*** THE DATA Section Begins ***
-- ===== src/Snapshot/Window.antt =====
-- Windows between two snapshots of src/snapshot.rs: `delta` and pointwise subtraction.
use tracegrams.Prelude.{
  ◌+◌, ◌-◌, ◌<◌, ◌==◌, ◌↔◌, ◌∷◌, ◌≡◌, ◌≢◌, ◌≤◌, ◌⊎◌, ==_iff, Bool, Bool-cases, List, [], arith, err,
  false, from_bool, get_elem?, get_or, inl, inr, leb, leb→le, length, not, not-leb→lt, ok, refl,
  some, suc, true, zero, ℕ,
}
use tracegrams.Snapshot.{
  Snapshot, delta, subtract_all, counter_underflow, registry_mismatch, state_is_frozen,
}

-- Counters added pairwise.
unfoldable pub add_all : List ℕ → List ℕ → List ℕ
add_all [] ys = []
add_all (x ∷ xs) [] = []
add_all (x ∷ xs) (y ∷ ys) = (x + y) ∷ add_all xs ys

-- A position at which a counter went down, and the first such.
pub record Underflows (later earlier : List ℕ) (a b : ℕ) : Type 0 where
  pub position : ℕ
  pub in_earlier : get_elem? earlier position ≡ some a
  pub in_later : get_elem? later position ≡ some b
  pub below : b < a
  pub first : (i : ℕ) → i < position → get_or earlier i 0 ≤ get_or later i 0

Underflows-cons :
    (x y : ℕ) (xs ys : List ℕ) (a b : ℕ)
    → y ≤ x
    → Underflows xs ys a b
    → Underflows (x ∷ xs) (y ∷ ys) a b
Underflows-cons x y xs ys a b h u = record {
  position = suc u.position;
  in_earlier = u.in_earlier;
  in_later = u.in_later;
  below = u.below;
  first = λ i k. before i k;
}
  where
    before : (i : ℕ) → i < suc u.position → get_or (y ∷ ys) i 0 ≤ get_or (x ∷ xs) i 0
    before zero k = h
    before (suc i) k = u.first i (omega arith)

subtract_all-cases :
    (later earlier : List ℕ)
    → length later ≡ length earlier
    → ((window : List ℕ) × (subtract_all later earlier ≡ ok window)
        × (add_all earlier window ≡ later))
      ⊎ ((a : ℕ) × (b : ℕ) × (subtract_all later earlier ≡ err (counter_underflow a b))
          × Underflows later earlier a b)
unfolding subtract_all add_all
subtract_all-cases [] [] h = inl ([], refl, refl)
subtract_all-cases [] (y ∷ ys) h = absurd (omega arith)
subtract_all-cases (x ∷ xs) [] h = absurd (omega arith)
subtract_all-cases (x ∷ xs) (y ∷ ys) h = elim (Bool-cases (leb y x)) [
  | inr down ↦ inr (
    y,
    x,
    rw down,
    record {
      position = 0;
      in_earlier = refl;
      in_later = refl;
      below = not-leb→lt y x down;
      first = λ i k. absurd (omega arith);
    },
  )
  | inl fits ↦ elim (subtract_all-cases xs ys (omega arith)) [
    | inl (window, run, back) ↦
        let e : y + (x - y) ≡ x = omega (arith, leb→le y x fits) in
        inl ((x - y) ∷ window, rw (fits, run), rw (e, back))
    | inr (a, b, run, u) ↦
        inr (a, b, rw (fits, run), Underflows-cons x y xs ys a b (leb→le y x fits) u)
  ]
]

-- The window between two snapshots of one recorder.
pub record IsWindow (later earlier window : Snapshot) : Type 0 where
  pub restores : add_all earlier.counters window.counters ≡ later.counters
  pub spans :
      (window.spans_freeze ≡ true)
      ↔ (state_is_frozen later.calibration_state ≢ state_is_frozen earlier.calibration_state)
  pub state : window.calibration_state ≡ later.calibration_state
  pub cookie : window.cookie ≡ later.cookie

differs_iff : (a b : Bool) → (not (from_bool a == from_bool b) ≡ true) ↔ (a ≢ b)
differs_iff true true = (λ h. cc, λ h. absurd (h refl))
differs_iff true false = (λ h e. cc, λ h. refl)
differs_iff false true = (λ h e. cc, λ h. refl)
differs_iff false false = (λ h. cc, λ h. absurd (h refl))

abbrev window_of : Snapshot → Snapshot → List ℕ → Snapshot
window_of later earlier window = record later {
  counters = window;
  spans_freeze = not (
      from_bool (state_is_frozen later.calibration_state)
      == from_bool (state_is_frozen earlier.calibration_state));
}

-- For two snapshots with equally many counters, exactly one of three: their cookies differ and `delta`
-- reports a registry mismatch; or they agree and no counter went down, and `delta` gives a window
-- whose counters added to the earlier ones are the later ones, marked as spanning the freeze exactly
-- when one of the two snapshots is frozen and the other is not; or they agree and `delta` reports the
-- two values of the first counter that went down.
pub delta-cases :
    (later earlier : Snapshot)
    → length later.counters ≡ length earlier.counters
    → ((later.cookie ≢ earlier.cookie) × (delta later earlier ≡ err registry_mismatch))
      ⊎ ((later.cookie ≡ earlier.cookie)
          × (((window : Snapshot) × (delta later earlier ≡ ok window)
                × IsWindow later earlier window)
              ⊎ ((a : ℕ) × (b : ℕ) × (delta later earlier ≡ err (counter_underflow a b))
                  × Underflows later.counters earlier.counters a b)))
unfolding delta
delta-cases later earlier h = elim (Bool-cases (later.cookie == earlier.cookie)) [
  | inr foreign ↦ inl (ground arith, rw foreign)
  | inl same ↦ elim (subtract_all-cases later.counters earlier.counters h) [
    | inl (window, run, back) ↦ inr (
      (==_iff later.cookie earlier.cookie).0 same,
      inl (
        window_of later earlier window,
        rw (same, run),
        record {
          restores = back;
          spans =
              differs_iff (state_is_frozen later.calibration_state)
                (state_is_frozen earlier.calibration_state);
          state = refl;
          cookie = refl;
        },
      ),
    )
    | inr (a, b, run, u) ↦
        inr ((==_iff later.cookie earlier.cookie).0 same, inr (a, b, rw (same, run), u))
  ]
]
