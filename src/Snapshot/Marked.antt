-- ===== src/Snapshot/Marked.antt =====
-- The window of src/snapshot.rs over the marks of a request of src/context.rs: what `delta` makes of
-- the snapshots before and after them.
use tracegrams.Marks.Request.{
  record_marks-places, Agree, request_places-ArePlaces, record_marks, request_places, AreInRange,
}
use tracegrams.Snapshot.Taken.{snapshot_relaxed-IsCopy, IsCopy}
use tracegrams.Marks.Verdict.{IsProgress}
use tracegrams.Marks.Manual.{marked}
use tracegrams.Snapshot.{delta, state_is_frozen, snapshot_relaxed, Snapshot}
use tracegrams.Context.{Outcome, ManualCtx}
use tracegrams.Layout.Facts.{Place}
use tracegrams.Recorder.{Inner}
use tracegrams.Snapshot.Window.{delta-cases, IsWindow, add_all}
use tracegrams.Recorder.Bumps.{
  bumped_all-cookie, bumped_all-layout, bumped_all-state, bumped_all-IsReady, bumped_all-counter,
  hits, ArePlaces, IsReady, bumped, bumped_all,
}
use tracegrams.Prelude.{
  ◌+◌, ◌<◌, ◌==◌, ◌^◌, ◌∙◌, ◌∷◌, ◌≡◌, ◌≤◌, Bool-cases, List, Option, [], ap, arith, false,
  get_elem?, get_or, inl, inr, length, ok, refl, returns, some, suc, sym, zero, ℕ,
}
use tracegrams.Registry.{StageId}

bumped_all-names : (r : Inner) (ps : List Place) → (bumped_all r ps).stage_names ≡ r.stage_names
unfolding bumped_all bumped
bumped_all-names r [] = refl
bumped_all-names r (p ∷ ps) = bumped_all-names (bumped r p) ps

get_or-of : (xs : List ℕ) (i a : ℕ) → get_elem? xs i ≡ some a → get_or xs i 0 ≡ a
get_or-of [] i a h = absurd cc
get_or-of (x ∷ xs) zero a h = cc
get_or-of (x ∷ xs) (suc i) a h = get_or-of xs i a h

get_or-add_all :
    (xs ys : List ℕ) (j : ℕ)
    → j < length (add_all xs ys)
    → get_or (add_all xs ys) j 0 ≡ get_or xs j 0 + get_or ys j 0
unfolding add_all
get_or-add_all [] ys j h = absurd (omega arith)
get_or-add_all (x ∷ xs) [] j h = absurd (omega arith)
get_or-add_all (x ∷ xs) (y ∷ ys) zero h = refl
get_or-add_all (x ∷ xs) (y ∷ ys) (suc j) h = get_or-add_all xs ys j (omega arith)

-- A window that counted these places, and nothing else.
pub record Counted (r : Inner) (ps : List Place) (window : Snapshot) : Type 0 where
  pub whole : window.spans_freeze ≡ false
  pub counts : (j : ℕ) → j < length r.counters → get_or window.counters j 0 ≡ hits r.layout j ps

module _ (n : ℕ) (r : Inner) (ps : List Place) (v : IsReady n r) (exist : ArePlaces n ps)
    (room : (j : ℕ) → get_or r.counters j 0 + hits r.layout j ps < 2 ^ 64) where
  grown :
      (j : ℕ) → get_or (bumped_all r ps).counters j 0 ≡ get_or r.counters j 0 + hits r.layout j ps
  grown j = omega (arith, room j, bumped_all-counter n r ps j v exist (omega (arith, room j)))

  module _ (s s' : Snapshot) (before : IsCopy n r s) (after : IsCopy n (bumped_all r ps) s') where
    sized : length s'.counters ≡ length s.counters
    sized =
        rw (after.counters, before.counters, (bumped_all-IsReady n r ps v).sized, v.sized)
          (ap (λ l. l.counter_count) (bumped_all-layout r ps))

    grew : (j : ℕ) → get_or s'.counters j 0 ≡ get_or s.counters j 0 + hits r.layout j ps
    grew j = rw (after.counters, before.counters) (grown j)

    same_state : state_is_frozen s'.calibration_state ≡ state_is_frozen s.calibration_state
    same_state = after.state ∙ ap (λ x. x == 2) (bumped_all-state r ps) ∙ sym before.state

    window-Counted : (w : Snapshot) → IsWindow s' s w → Counted r ps w
    window-Counted w is = record {
      whole = elim (Bool-cases w.spans_freeze) [
        | inl spans ↦ absurd (is.spans.0 spans same_state)
        | inr whole ↦ whole
      ];
      counts = λ j h.
          let e : length (add_all s.counters w.counters) ≡ length r.counters =
            ap length is.restores ∙ sized ∙ ap length before.counters in
          let k = get_or-add_all s.counters w.counters j (omega (arith, e, h)) in
          let m : get_or (add_all s.counters w.counters) j 0 ≡ get_or s'.counters j 0 =
            ap (λ xs. get_or xs j 0) is.restores in
          omega (arith, k, m, grew j);
    }

    pub delta-Counted : (w : Snapshot) × (delta s' s ≡ ok w) × Counted r ps w
    delta-Counted = elim (delta-cases s' s sized) [
      | inl (foreign, run) ↦
          absurd (foreign (after.cookie ∙ bumped_all-cookie r ps ∙ sym before.cookie))
      | inr (own, inl (w, run, is)) ↦ (w, run, window-Counted w is)
      | inr (own, inr (a, b, run, u)) ↦ absurd (
          omega (
            arith,
            grew u.position,
            get_or-of s'.counters u.position b u.in_later,
            get_or-of s.counters u.position a u.in_earlier,
            u.below,
          ))
    ]

-- On a ready recorder of `n` stages, at most 256 and each named, with request-local state as marks leave
-- it, stages whose indices are in range where their cookie is the recorder's, and counters that the
-- marks do not wrap: a snapshot can be taken, the manual marks of any sequence return, a second snapshot
-- can be taken, and `delta` of the two gives a window that does not span the freeze and in which every
-- counter is the number of times that the marks count there: each its diagnostic where it is rejected,
-- else its specified places.
pub record_marks-delta :
    (n : ℕ) (r : Inner) (context : ManualCtx) (marks : List (StageId × ℕ × Option Outcome))
    → IsReady n r
    → n ≤ 256
    → length r.stage_names ≡ n
    → IsProgress n context.cumulative_ns context.previous
    → AreInRange n r.cookie marks
    → ((j : ℕ) → get_or r.counters j 0 + hits r.layout j (request_places r context marks) < 2 ^ 64)
    → (before : Snapshot) × (snapshot_relaxed r ≡ returns before)
      × (result : ManualCtx × Inner) × (record_marks r context marks ≡ returns result)
      × (after : Snapshot) × (snapshot_relaxed result.1 ≡ returns after)
      × (window : Snapshot) × (delta after before ≡ ok window)
      × Counted r (request_places r context marks) window
record_marks-delta n r context marks v small named g b room =
    let ps = request_places r context marks in
    let exist = request_places-ArePlaces n r context marks g b in
    let agree : Agree r r = record { cookie = refl; state = refl; cells = refl } in
    let (left, marked) = record_marks-places n r r context marks agree v g b in
    let (before, run, is) = snapshot_relaxed-IsCopy n r v small named in
    let (after, run₂, is₂) =
      snapshot_relaxed-IsCopy n (bumped_all r ps) (bumped_all-IsReady n r ps v) small
        (ap length (bumped_all-names r ps) ∙ named) in
    let (window, run₃, counted) = delta-Counted n r ps v exist room before after is is₂ in
    (before, run, (left, bumped_all r ps), marked, after, run₂, window, run₃, counted)
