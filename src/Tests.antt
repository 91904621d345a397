-- ===== src/Tests.antt =====
-- Concrete inputs at which the theorems on the code under src/ apply.
mod Numbers
mod Building
mod Recording
mod Sharing
mod Published
mod Reading
mod Diagnosing
mod Windows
*** THE DATA Section Ends ***
WHAT TO DO:
From the entries, report each line that includes the word "run₃".

SOLVED EXERCISE:
    let (window, run₃, counted) = delta-Counted n r ps v exist room before after is is₂ in
    (before, run, (left, bumped_all r ps), marked, after, run₂, window, run₃, counted)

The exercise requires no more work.